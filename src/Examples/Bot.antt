-- ===== src/Examples/Bot.antt =====
-- Runs of internal/bot/runner.go on concrete inputs.
use yuzu_agent_webrtc_toy.Prelude.{◌+◌, ◌≤◌, ◌<◌, ◌≡◌, ◌↔◌, refl, true, List, [], ◌∷◌, arith}
use yuzu_agent_webrtc_toy.Text.{Str, codes, str_eq, trim_space}
use yuzu_agent_webrtc_toy.Maps.{IsMap, occurrences, Map, lookup, insert}
use yuzu_agent_webrtc_toy.Bot.{
  LocalRunner, new_local_runner, is_running, reserve, started, merged, merge_env, split_entry,
  add_base, add_all, env_to_list,
}
use yuzu_agent_webrtc_toy.Bot.Processes.{
  count, Reach, here, next, reserving, starting, one_process_a_session,
}
use yuzu_agent_webrtc_toy.Bot.Environment.{or_else, last_given, merged_lem}

abbrev idle : LocalRunner
idle = new_local_runner (codes "python bot.py")

abbrev busy : LocalRunner
busy = started (reserve idle (codes "s1")).0 (codes "s1") 42

busy-Reach : Reach idle busy
unfolding reserve is_running new_local_runner trim_space lookup count str_eq
busy-Reach =
    next (next here (reserving idle (codes "s1")))
      (starting (reserve idle (codes "s1")).0 (codes "s1") 42 (omega arith))

one_process_a_session_example :
    (count (codes "s1") busy.starting + count (codes "s1") busy.alive ≤ 1)
    × ((is_running busy (codes "s1") ≡ true)
        ↔ (0 < count (codes "s1") busy.starting + count (codes "s1") busy.alive))
one_process_a_session_example =
    one_process_a_session (codes "python bot.py") busy busy-Reach (codes "s1")

abbrev base : List Str
base = codes "HOME=/root" ∷ (codes "STT_ENABLED=false" ∷ (codes "=x" ∷ []))

abbrev extra : Map Str
extra = (codes "STT_ENABLED", codes "true") ∷ []

merge_env_runs : merge_env base extra ≡ codes "HOME=/root" ∷ (codes "STT_ENABLED=true" ∷ [])
unfolding merge_env merged split_entry add_base add_all env_to_list insert str_eq
merge_env_runs = refl

merged_lem_example :
    IsMap (merged base extra)
    × ((k : Str) → lookup k (merged base extra) ≡ or_else (lookup k extra) (last_given base k))
unfolding occurrences
merged_lem_example = merged_lem base extra (λ k. ground arith)
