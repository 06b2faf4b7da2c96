-- ===== src/WorkerWs/Isolation.antt =====
-- internal/workerws/handler.go changes the store, the registry and the sequence numbers for the session of
-- its connection only.
use yuzu_agent_webrtc_toy.Prelude.{
  ℕ, ◌≡◌, refl, Bool, true, false, Option, none, some, if◌then◌else◌, Bool-cases, inl, inr, ◌∙◌,
}
use yuzu_agent_webrtc_toy.Prelude.Int.{ℤ, pos, ltb_ℤ}
use yuzu_agent_webrtc_toy.Text.{Str, codes, str_eq}
use yuzu_agent_webrtc_toy.Maps.{Map, lookup, insert, delete, lookup-insert, lookup-delete}
use yuzu_agent_webrtc_toy.Clock.{Time}
use yuzu_agent_webrtc_toy.Json.{Payload, get_bool}
use yuzu_agent_webrtc_toy.Store.{or_zero, set_local_stop_enabled}
use yuzu_agent_webrtc_toy.Store.Isolation.{
  Only, same-Only, both-Only, append_event-Only, set_local_stop_capable-Only,
  set_local_stop_enabled-Only,
}
use yuzu_agent_webrtc_toy.Loop.{Message}
use yuzu_agent_webrtc_toy.WorkerWs.{
  Server, append, replace, connect, disconnect, is_some, send_json,
}
use yuzu_agent_webrtc_toy.WorkerWs.Messages.{
  set_capable, policy_event, on_hello, has_gap, check_seq, on_worker_message, on_invalid_message,
  enrich_message, enrich_payload,
}

-- A map that differs from another at one key only.
abbrev KeepsOthers {ℓ} : {V : Type ℓ} → Str → Map V → Map V → Type ℓ
KeepsOthers id m n = (j : Str) → str_eq id j ≡ false → lookup j n ≡ lookup j m

-- `t` differs from `s` in the session `id` only, and has every session that `s` has.
pub record Serves (id : Str) (s t : Server) : Type 0 where
  pub store : Only id s.store t.store
  pub conns : KeepsOthers id s.conns t.conns
  pub last_seq : KeepsOthers id s.last_seq t.last_seq

pub same-Serves : (id : Str) (s : Server) → Serves id s s
same-Serves id s = record {
  store = same-Only id s.store;
  conns = λ j other. refl;
  last_seq = λ j other. refl;
}

pub both-Serves : {id : Str} {s t u : Server} → Serves id s t → Serves id t u → Serves id s u
both-Serves f g = record {
  store = both-Only f.store g.store;
  conns = λ j other. g.conns j other ∙ f.conns j other;
  last_seq = λ j other. g.last_seq j other ∙ f.last_seq j other;
}

pub append-Serves :
    (s : Server) (id typ : Str) (payload : Payload) (now : Time)
    → Serves id s (append s id typ payload now)
append-Serves s id typ payload now = record {
  store = append_event-Only s.store id typ payload now;
  conns = λ j other. refl;
  last_seq = λ j other. refl;
}

conns-Serves :
    (s : Server) (id : Str) (conns : Map ℕ)
    → KeepsOthers id s.conns conns
    → Serves id s (record s { conns = conns })
conns-Serves s id conns h = record {
  store = same-Only id s.store;
  conns = h;
  last_seq = λ j other. refl;
}

seq-Serves :
    (s : Server) (id : Str) (n : ℤ) → Serves id s (record s { last_seq = insert id n s.last_seq })
seq-Serves s id n = record {
  store = same-Only id s.store;
  conns = λ j other. refl;
  last_seq = λ j other. lookup-insert id j n s.last_seq ∙ rw other refl;
}

-- A step that is taken or not.
if-Serves :
    (b : Bool) (id : Str) (s t u : Server)
    → Serves id s t
    → Serves id s u
    → Serves id s (if b then t else u)
if-Serves true id s t u f g = f
if-Serves false id s t u f g = g

module _ (s : Server) (id : Str) (now : Time) where
  pub connect-Serves : (conn : ℕ) → Serves id s (connect s id conn now)
  unfolding connect replace
  connect-Serves conn =
      let s' : Server = record s { conns = insert id conn s.conns } in
      let known = is_some (lookup id s.conns) in
      let s'' : Server = if known then append s' id (codes "worker_replaced") none now else s' in
      let s''' = append s'' id (codes "worker_connected") none now in
      both-Serves
        (conns-Serves s id (insert id conn s.conns)
          (λ j other. lookup-insert id j conn s.conns ∙ rw other refl))
        (both-Serves
          (if-Serves known id s' (append s' id (codes "worker_replaced") none now) s'
            (append-Serves s' id _ none now) (same-Serves id s'))
          (both-Serves (append-Serves s'' id (codes "worker_connected") none now)
            (seq-Serves s''' id (pos 0))))

  pub disconnect-Serves : Serves id s (disconnect s id now)
  unfolding disconnect
  disconnect-Serves =
      let s' : Server = record s { conns = delete id s.conns } in
      both-Serves
        (conns-Serves s id (delete id s.conns)
          (λ j other. lookup-delete id j s.conns ∙ rw other refl))
        (append-Serves s' id _ none now)

  pub on_invalid_message-Serves : (err : Str) → Serves id s (on_invalid_message s id err now)
  unfolding on_invalid_message
  on_invalid_message-Serves err = append-Serves s id _ _ now

set_capable-Serves : (s : Server) (id : Str) (v : Option Bool) → Serves id s (set_capable s id v)
set_capable-Serves s id none = same-Serves id s
set_capable-Serves s id (some v) = record {
  store = set_local_stop_capable-Only s.store id v;
  conns = λ j other. refl;
  last_seq = λ j other. refl;
}

policy_event-Serves :
    (s : Server) (id : Str) (err : Option Str) (now : Time)
    → Serves id s (policy_event s id err now)
policy_event-Serves s id none now = append-Serves s id _ _ now
policy_event-Serves s id (some err) now = append-Serves s id _ _ now

on_hello-Serves :
    (s : Server) (id : Str) (msg : Message) (write : Option Str) (now : Time)
    → Serves id s (on_hello s id msg write now).0
unfolding on_hello
on_hello-Serves s id msg write now =
    let s' = set_capable s id (get_bool (codes "local_stop_capable") msg.payload) in
    let enabled = s'.cfg.local_stop_enabled in
    let s'' : Server = record s' { store = set_local_stop_enabled s'.store id enabled } in
    let told : Serves id s' s'' = record {
      store = set_local_stop_enabled-Only s'.store id enabled;
      conns = λ j other. refl;
      last_seq = λ j other. refl;
    } in
    both-Serves (set_capable-Serves s id (get_bool (codes "local_stop_capable") msg.payload))
      (both-Serves told (policy_event-Serves s'' id (send_json (lookup id s''.conns) write) now))

check_seq-Serves :
    (s : Server) (id : Str) (seq : ℤ) (now : Time) → Serves id s (check_seq s id seq now)
unfolding check_seq
check_seq-Serves s id seq now =
    let prev = or_zero (pos 0) (lookup id s.last_seq) in
    elim (Bool-cases (has_gap prev seq)) [
      | inl e ↦ rw e (
          both-Serves (append-Serves s id _ _ now)
            (if-Serves (ltb_ℤ prev seq) id _ _ _ (seq-Serves _ id seq) (same-Serves id _)))
      | inr e ↦ rw e (if-Serves (ltb_ℤ prev seq) id s _ s (seq-Serves s id seq) (same-Serves id s))
    ]

pub on_worker_message-Serves :
    (s : Server) (id : Str) (msg : Message) (write : Option Str) (now : Time)
    → Serves id s (on_worker_message s id msg write now).0
unfolding on_worker_message
on_worker_message-Serves s id msg write now =
    let msg' = enrich_message msg msg.payload in
    let s' = append s id msg.type (enrich_payload msg msg.payload) now in
    elim (Bool-cases (str_eq msg.type (codes "worker_hello"))) [
      | inl e ↦ rw e (
          both-Serves (append-Serves s id msg.type _ now) (
            both-Serves (on_hello-Serves s' id msg' write now) (check_seq-Serves _ id msg.seq now)))
      | inr e ↦
          rw e
            (both-Serves (append-Serves s id msg.type _ now) (check_seq-Serves s' id msg.seq now))
    ]
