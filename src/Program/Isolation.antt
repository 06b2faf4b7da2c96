-- ===== src/Program/Isolation.antt =====
-- What the backend has of a session, and which steps of it change that.
use yuzu_agent_webrtc_toy.Prelude.{
  ℕ, ◌≡◌, refl, subst, true, false, List, [], ◌∷◌, Option, none, some, ◌∙◌,
}
use yuzu_agent_webrtc_toy.Prelude.Int.{ℤ}
use yuzu_agent_webrtc_toy.Text.{Str, str_eq}
use yuzu_agent_webrtc_toy.Maps.{lookup, insert, lookup-insert}
use yuzu_agent_webrtc_toy.Clock.{Time}
use yuzu_agent_webrtc_toy.Auth.{Crypto}
use yuzu_agent_webrtc_toy.Store.Log.{IsCapped}
use yuzu_agent_webrtc_toy.Store.Isolation.{Stored, stored, is_known}
use yuzu_agent_webrtc_toy.Bot.Isolation.{Ran, ran}
use yuzu_agent_webrtc_toy.Loop.{Message, SessState, Effect, append, send_json, state, handle}
use yuzu_agent_webrtc_toy.WorkerWs.{
  Server, Admission, admitted, bad_request, not_found, unauthorized, admit, connect,
}
use yuzu_agent_webrtc_toy.WorkerWs.Connections.{admit-MayConnect}
use yuzu_agent_webrtc_toy.WorkerWs.Messages.{on_worker_message}
use yuzu_agent_webrtc_toy.WorkerWs.Isolation.{
  Serves, same-Serves, both-Serves, append-Serves, connect-Serves, disconnect-Serves,
  on_invalid_message-Serves, on_worker_message-Serves,
}
use yuzu_agent_webrtc_toy.Api.{Backend}
use yuzu_agent_webrtc_toy.Api.Dev.{handle_debug_vad}
use yuzu_agent_webrtc_toy.Api.Isolation.{
  Within, append-Within, handle_create_session-Within, handle_start_session-Within,
  handle_end_session-Within, process_exits-Within,
}
use yuzu_agent_webrtc_toy.Program.{
  Program, backend, with_backend, perform, on_message, Read, read_fails, other_type, undecoded,
  decoded, on_read, on_admission, on_debug_vad, on_bot_log, Action, connects, reads, creates,
  starts, ends, debug_vad, bot_exits, bot_logs, step,
}
use yuzu_agent_webrtc_toy.Loop
use yuzu_agent_webrtc_toy.WorkerWs

-- What the program has of a session.
pub record View : Type 0 where
  pub stored : Stored
  pub ran : Ran
  pub conn : Option ℕ
  pub last_seq : Option ℤ
  pub floor : Option SessState

unfoldable pub view : Str → Program → View
view j p = record {
  stored = stored j p.ws.store;
  ran = ran j p.runner;
  conn = lookup j p.ws.conns;
  last_seq = lookup j p.ws.last_seq;
  floor = lookup j p.dispatcher.sessions;
}

-- `q` differs from `p` in the session `id` only, has that session if `p` has it, and has its logs within the
-- cap if `p` has.
pub record Affects (id : Str) (p q : Program) : Type 0 where
  pub others : (j : Str) → str_eq id j ≡ false → view j q ≡ view j p
  pub kept : is_known p.ws.store id ≡ true → is_known q.ws.store id ≡ true
  pub capped : IsCapped p.ws.store → IsCapped q.ws.store

same-Affects : (id : Str) (p : Program) → Affects id p p
same-Affects id p = record { others = λ j other. refl; kept = λ h. h; capped = λ h. h }

both-Affects : {id : Str} {p q r : Program} → Affects id p q → Affects id q r → Affects id p r
both-Affects f g = record {
  others = λ j other. g.others j other ∙ f.others j other;
  kept = λ h. g.kept (f.kept h);
  capped = λ h. g.capped (f.capped h);
}

-- Of a change of the workers' server, and of one of the part of the API.
ws-Affects :
    {id : Str} (p : Program) (s : Server) → Serves id p.ws s → Affects id p (record p { ws = s })
unfolding view
ws-Affects p s f = record {
  others = λ j other. rw (f.store.others j other, f.conns j other, f.last_seq j other) refl;
  kept = f.store.kept;
  capped = f.store.capped;
}

with_backend-Affects :
    {id : Str} (p : Program) (b : Backend)
    → Within id (backend p) b
    → Affects id p (with_backend p b)
unfolding view
with_backend-Affects p b f = record {
  others = λ j other. rw (f.store.others j other, f.runner j other) refl;
  kept = f.store.kept;
  capped = f.store.capped;
}

perform-Serves :
    (s : Server) (id : Str) (es : List Effect) (now : Time) → Serves id s (perform s id es now).0
unfolding perform
perform-Serves s id [] now = same-Serves id s
perform-Serves s id (append typ payload ∷ es) now =
    both-Serves (append-Serves s id typ payload now)
      (perform-Serves (WorkerWs.append s id typ payload now) id es now)
perform-Serves s id (send_json msg ∷ es) now = perform-Serves s id es now

floor-Affects :
    (p : Program) (id : Str) (s : SessState)
    → Affects id p (record p {
      dispatcher = record p.dispatcher { sessions = insert id s p.dispatcher.sessions };
    })
unfolding view
floor-Affects p id s = record {
  others = λ j other. rw (lookup-insert id j s p.dispatcher.sessions, other) refl;
  kept = λ h. h;
  capped = λ h. h;
}

module _ (p : Program) (id cmd_id : Str) (now : Time) where
  on_message-Affects : (msg : Message) → Affects id p (on_message p id msg cmd_id now).0
  unfolding on_message Loop.on_message
  on_message-Affects msg =
      let (s, es) = handle (state p.dispatcher id) p.dispatcher.tts_timeout_sec id msg cmd_id now in
      both-Affects (floor-Affects p id s)
        (ws-Affects _ (perform p.ws id es now).0 (perform-Serves p.ws id es now))

  on_debug_vad-Affects : (msgs : List Message) → Affects id p (on_debug_vad p id msgs cmd_id now).0
  unfolding on_debug_vad
  on_debug_vad-Affects [] = same-Affects id p
  on_debug_vad-Affects (msg ∷ msgs) = on_message-Affects msg

module _ (p : Program) (id cmd_id : Str) (now : Time) where
  on_read-Affects :
      (read : Read) (write : Option Str) → Affects id p (on_read p id read write cmd_id now).0
  unfolding on_read
  on_read-Affects read_fails write = ws-Affects p _ (disconnect-Serves p.ws id now)
  on_read-Affects other_type write = same-Affects id p
  on_read-Affects (undecoded err) write = ws-Affects p _ (on_invalid_message-Serves p.ws id now err)
  on_read-Affects (decoded msg) write =
      let (ws, writes, msg') = on_worker_message p.ws id msg write now in
      both-Affects (ws-Affects p ws (on_worker_message-Serves p.ws id msg write now))
        (on_message-Affects (record p { ws = ws }) id cmd_id now msg')

-- The session of an action.
unfoldable pub session_of : Action → Str
session_of (connects session_id authz conn) = session_id
session_of (reads session_id read write cmd_id) = session_id
session_of (creates daily id) = id
session_of (starts req id launch) = id
session_of (ends id) = id
session_of (debug_vad req id typ cmd_id) = id
session_of (bot_exits id err) = id
session_of (bot_logs id stream line) = id

on_admission-Affects :
    (p : Program) (id : Str) (a : Admission) (conn : Option ℕ) (now : Time)
    → ((sid : Str) → a ≡ admitted sid → sid ≡ id)
    → Affects id p (on_admission p a conn now)
unfolding on_admission
on_admission-Affects p id (admitted sid) (some conn) now h =
    subst (λ (x : Str). Affects x p (record p { ws = connect p.ws sid conn now })) (h sid refl)
      (ws-Affects p (connect p.ws sid conn now) (connect-Serves p.ws sid now conn))
on_admission-Affects p id (admitted sid) none now h = same-Affects id p
on_admission-Affects p id bad_request conn now h = same-Affects id p
on_admission-Affects p id not_found conn now h = same-Affects id p
on_admission-Affects p id unauthorized conn now h = same-Affects id p

-- A step of the backend changes what it has of one session only, that of the request, of the message
-- or of the process; it does not lose that session, and it keeps all logs within the cap.
pub step-Affects :
    (c : Crypto) (p : Program) (a : Action) (now : Time)
    → Affects (session_of a) p (step c p a now).0
unfolding step session_of on_bot_log
step-Affects c p (connects id authz conn) now =
    on_admission-Affects p id (admit c p.ws id authz now) conn now
      (λ sid e. (admit-MayConnect c p.ws id authz sid now e).0)
step-Affects c p (reads id read write cmd_id) now = on_read-Affects p id cmd_id now read write
step-Affects c p (creates daily id) now =
    with_backend-Affects p _ (handle_create_session-Within p.cfg daily (backend p) id now)
step-Affects c p (starts req id launch) now =
    with_backend-Affects p _ (handle_start_session-Within c p.cfg (backend p) req id launch now)
step-Affects c p (ends id) now =
    with_backend-Affects p _ (handle_end_session-Within (backend p) id now)
step-Affects c p (debug_vad req id typ cmd_id) now =
    on_debug_vad-Affects p id cmd_id now (handle_debug_vad p.cfg (backend p) req true id typ now).1
step-Affects c p (bot_exits id err) now =
    with_backend-Affects p _ (process_exits-Within (backend p) id err now)
step-Affects c p (bot_logs id stream line) now =
    with_backend-Affects p _ (append-Within (backend p) id _ _ now)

====

**Task**
Here the output must be the lines above from the line with "set_capable-Serves s id none" to the line with "policy_event-Serves s id (some", both included, duplicated word for word and nothing else.

**Task solution**
set_capable-Serves s id none = same-Serves id s
set_capable-Serves s id (some v) = record {
  store = set_local_stop_capable-Only s.store id v;
  conns = λ j other. refl;
  last_seq = λ j other. refl;
}

policy_event-Serves :
    (s : Server) (id : Str) (err : Option Str) (now : Time)
    → Serves id s (policy_event s id err now)
policy_event-Serves s id none now = append-Serves s id _ _ now
policy_event-Serves s id (some err) now = append-Serves s id _ _ now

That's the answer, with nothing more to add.